If you are "not an LLC or ""anything"" there is nothing you can do.  Get a business license and resale permit and you can avoid paying the sales tax in the first place to accommodating merchants.

As far as recovering sales tax you already paid I've only "heard" of things.  Every state is different.  When filing your sales tax there is a line item to deduct "sales tax paid to other merchants for purposes of resale".  Of course this only works out if you are collecting a significant amount of sales tax to deduct from.  Best thing you can do is contact your local agency and ask.

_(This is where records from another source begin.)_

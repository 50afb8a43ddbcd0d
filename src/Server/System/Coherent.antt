-- ===== src/Server/System/Coherent.antt =====
-- The registry of src/registry.rs against the tasks of src/server.rs: what any number of actions leave.
use ws_fanout.Prelude.{
  ℕ, ◌+◌, ◌≤◌, ◌<◌, ◌≡◌, refl, Bool, true, false, Option, none, some, List, [], ◌∷◌, arith, ◌==◌,
  ltb, if◌then◌else◌, length, Bool-cases, inl, inr, ◌∙◌, ap, sym, nat_eq, string_eq, u64_mod,
  Result-cases,
}
use ws_fanout.Collections.HashMap
use ws_fanout.Collections.HashMap.{HashMap}
use ws_fanout.Collections.Keys.{is_some}
use ws_fanout.Mpsc.{Mpsc}
use ws_fanout.Registry.{Registry, Connection, ConnectionId, no_metrics}
use ws_fanout.Registry
use ws_fanout.Registry.Calls.{
  Call, join, leave, subscribing, unsubscribing, publishing, broadcasting, sending, receiving,
  hanging_up, timing_out, refusing, entry_after,
}
use ws_fanout.Registry.Calls.Entries.{perform-get}
use ws_fanout.Registry.Invariant.{IsValid, new-IsValid}
use ws_fanout.Server.Connection.{opening}
use ws_fanout.Server.Handle.{Services}
use ws_fanout.Server.Serve.{Semaphore, started}
use ws_fanout.Server.Session.{Session, Flow, continue, finish, session}
use ws_fanout.Server.Connection.Apart.{begun}
use ws_fanout.Server.System.{
  Stage, serving, parted, System, Action, connects, releases, opens, calls, takes, aborts, departs,
  publishes, broadcasts, boot, proceed, opened, called, frame_taken, aborted, departed, enact,
  enacts,
}
use ws_fanout.Server.System.Calls.{
  performed, task_call, call_made, stage-cases, enact-performed, performed-IsValid, performed-ids,
}
use ws_fanout.Server.Task.{
  Task, ret, subscribe, unsubscribe, send, drops, heartbeat_timeout, close_sink,
}
use ws_fanout.Server.Task.Own.{open_at}

-- Whether a connection is there after a call, from whether it was.
unfoldable pub present_after : Option Call → ℕ → ConnectionId → Bool → Bool
present_after (some (join subject)) n j b = if n == j then true else b
present_after (some (leave id)) n j b = if id == j then false else b
present_after _ n j b = b

module _ {Tx : Type 0} ⦃mpsc : Mpsc Tx⦄ (max cap : ℕ) where
  entry_after-present :
      (x : Call) (n : ℕ) (j : ConnectionId) (o : Option (Connection Tx))
      → is_some (entry_after max cap x n j o) ≡ present_after (some x) n j (is_some o)
  unfolding entry_after present_after
  entry_after-present (join subject) n j o = ground arith
  entry_after-present (leave id) n j o = ground arith
  entry_after-present (subscribing id chs) n j o = ground arith
  entry_after-present (unsubscribing id chs) n j o = ground arith
  entry_after-present (publishing ch f) n j o = ground arith
  entry_after-present (broadcasting f) n j o = ground arith
  entry_after-present (sending id f) n j o = ground arith
  entry_after-present (receiving id) n j o = ground arith
  entry_after-present (hanging_up id) n j o = ground arith
  entry_after-present timing_out n j o = refl
  entry_after-present refusing n j o = refl

  performed-present :
      (x : Option Call) (r : Registry Tx) (j : ConnectionId)
      → IsValid r
      → open_at (performed max cap x r) j ≡ present_after x r.next_id j (open_at r j)
  unfolding performed present_after
  performed-present none r j v = refl
  performed-present (some x) r j v =
      ap is_some (perform-get max cap x r j v)
      ∙ entry_after-present x r.next_id j (HashMap.get j r.connections)

-- Only the guard of a task takes a connection out, and only a task's opening brings one in.
task_call-present :
    {IoError WsError : Type 0} (id : ConnectionId) (t : Task (Session × Flow IoError WsError))
    (n : ℕ) (j : ConnectionId) (b : Bool)
    → present_after (task_call id t) n j b ≡ b
unfolding present_after task_call
task_call-present id (ret (s, continue)) n j b = refl
task_call-present id (ret (s, finish result)) n j b = refl
task_call-present id (subscribe chs k) n j b = refl
task_call-present id (unsubscribe chs k) n j b = refl
task_call-present id (send frame k) n j b = refl
task_call-present id (drops k) n j b = refl
task_call-present id (heartbeat_timeout t) n j b = refl
task_call-present id (close_sink t) n j b = refl

module _ {Tx Sem IoError WsError RawValue Value : Type 0} ⦃mpsc : Mpsc Tx⦄
    ⦃semaphore : Semaphore Sem⦄ (services : Services IoError WsError RawValue Value) where
  open services use {config}

  -- The registry is valid, and its connections are those of the tasks that have joined it and not
  -- dropped their guard.
  pub record IsCoherent (s : System Tx Sem IoError WsError Value) : Type 0 where
    pub valid : IsValid s.registry
    pub same : (j : ConnectionId) → is_some (HashMap.get j s.sessions) ≡ open_at s.registry j

  pub enact-sessions :
      (a : Action WsError) (s : System Tx Sem IoError WsError Value) (j : ConnectionId)
      → is_some (HashMap.get j (enact services a s).sessions)
        ≡ present_after
            (call_made services a s)
            s.registry.next_id
            j
            (is_some (HashMap.get j s.sessions))
  unfolding enact call_made present_after
  enact-sessions connects s j = ground arith
  enact-sessions releases s j = ground arith
  enact-sessions (opens p) s j = elim (Bool-cases (ltb 0 s.entering)) [
    | inl some_task ↦ elim (Result-cases (opening services p.handshake p.first p.answer).1) [
      | inl (claims, e) ↦
          let wire = (opening services p.handshake p.first p.answer).0 in
          let stage : Stage IoError WsError Value =
            serving claims (session services claims p.events (begun wire p.started)) in
          unfold opened in
          ground (arith, some_task, e, HashMap.get-insert s.registry.next_id j stage s.sessions)
      | inr (x, e) ↦ unfold opened in ground (arith, some_task, e)
    ]
    | inr no_task ↦ rw (no_task, enact, call_made) refl
  ]
  enact-sessions (calls id) s j = elim (stage-cases services id s) [
    | inl e ↦ unfold called in ground (arith, e)
    | inr (inl (claims, e)) ↦ unfold called in ground (arith, e)
    | inr (inr (claims, t, e)) ↦
        unfold called in
        ground (
          arith,
          e,
          task_call-present id t s.registry.next_id j (is_some (HashMap.get j s.sessions)),
          HashMap.get-insert id j (proceed services id claims t s.registry).1 s.sessions,
        )
  ]
  enact-sessions (takes id) s j = elim (stage-cases services id s) [
    | inl e ↦ unfold frame_taken in ground (arith, e)
    | inr (inl (claims, e)) ↦ unfold frame_taken in ground (arith, e)
    | inr (inr (claims, t, e)) ↦ unfold frame_taken in ground (arith, e)
  ]
  enact-sessions (aborts id) s j = elim (stage-cases services id s) [
    | inl e ↦ unfold aborted in ground (arith, e)
    | inr (inl (claims, e)) ↦ unfold aborted in ground (arith, e)
    | inr (inr (claims, t, e)) ↦
        unfold aborted in ground (arith, e, HashMap.get-insert id j (parted claims) s.sessions)
  ]
  enact-sessions (departs id) s j = elim (stage-cases services id s) [
    | inl e ↦ unfold departed in ground (arith, e)
    | inr (inl (claims, e)) ↦
        unfold departed in ground (arith, e, HashMap.get-remove id j s.sessions)
    | inr (inr (claims, t, e)) ↦ unfold departed in ground (arith, e)
  ]
  enact-sessions (publishes ch f) s j = refl
  enact-sessions (broadcasts f) s j = refl

  pub enact-IsCoherent :
      (a : Action WsError) (s : System Tx Sem IoError WsError Value)
      → s.registry.next_id + 1 < u64_mod
      → IsCoherent s
      → IsCoherent (enact services a s)
  enact-IsCoherent a s room h =
      let x = call_made services a s in
      record {
        valid = rw (enact-performed services a s) (
            performed-IsValid config.max_subscriptions config.send_queue x s.registry room h.valid);
        same = λ j.
            enact-sessions a s j
            ∙ ap (present_after x s.registry.next_id j) (h.same j)
            ∙ sym (
                performed-present config.max_subscriptions config.send_queue x s.registry j h.valid)
            ∙ ap (λ r. open_at r j) (sym (enact-performed services a s));
      }

  pub enact-ids :
      (a : Action WsError) (s : System Tx Sem IoError WsError Value)
      → s.registry.next_id + 1 < u64_mod
      → (s.registry.next_id ≤ (enact services a s).registry.next_id)
        × ((enact services a s).registry.next_id ≤ s.registry.next_id + 1)
  enact-ids a s room = rw (enact-performed services a s) (
      performed-ids config.max_subscriptions config.send_queue (call_made services a s) s.registry
        room)

  pub enacts-IsCoherent :
      (actions : List (Action WsError)) (s : System Tx Sem IoError WsError Value)
      → s.registry.next_id + length actions < u64_mod
      → IsCoherent s
      → IsCoherent (enacts services actions s)
  unfolding enacts
  enacts-IsCoherent [] s room h = h
  enacts-IsCoherent (a ∷ actions) s room h =
      let fits : s.registry.next_id + 1 < u64_mod = omega (arith, room) in
      enacts-IsCoherent actions (enact services a s) (omega (arith, room, enact-ids a s fits))
        (enact-IsCoherent a s fits h)

  pub boot-IsCoherent : IsCoherent (boot services)
  unfolding boot started HashMap.get Registry.new
  boot-IsCoherent = record { valid = new-IsValid; same = λ j. refl }

module _ {IoError WsError RawValue Value : Type 0} (Tx Sem : Type 0) ⦃mpsc : Mpsc Tx⦄
    ⦃semaphore : Semaphore Sem⦄ (services : Services IoError WsError RawValue Value) where
  -- The server after the actions.
  abbrev pub after : List (Action WsError) → System Tx Sem IoError WsError Value
  after actions = enacts services actions (boot services)

  pub after-IsCoherent :
      (actions : List (Action WsError))
      → 1 + length actions < u64_mod
      → IsCoherent services (after actions)
  unfolding boot started Registry.new
  after-IsCoherent actions room =
      enacts-IsCoherent services actions (boot services) room (boot-IsCoherent services)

I don't have an LLC either. I _do_ have a Sales Tax Exemption (I'm in OH) but I can only use this at Amazon currently, which is a very small part of my purchases over the last years. Of course, not paying sales tax is preferable, but you do get some relief on the sales tax you paid, because in your tax submissions you will likely claim the entire amount you paid for sets (including sales tax), which takes your profit down a bit, meaning you pay slightly less tax over your profits compared to the scenario where you buy everything tax-free. 

To say it with numbers: Let's say you buy $1000 of LEGO, consisting of $900 RRP and $100 sales tax. You sell this for $2000. As a sales-tax paying entity you would claim $1000 as COGS on your taxes and report $2000 in sales, for an operating profit of $1000, on which you pay (let's say) 25% tax, so $250 in tax, for an after-tax profit of $750.

Now if you can buy tax-free, your tax return shows $900 in COGS, $2000 in sales, for an operating profit of $1100, on which you would pay $275 in tax. So yes, this scenario would "save" you $75, but not the full $100 due to the extra tax burden.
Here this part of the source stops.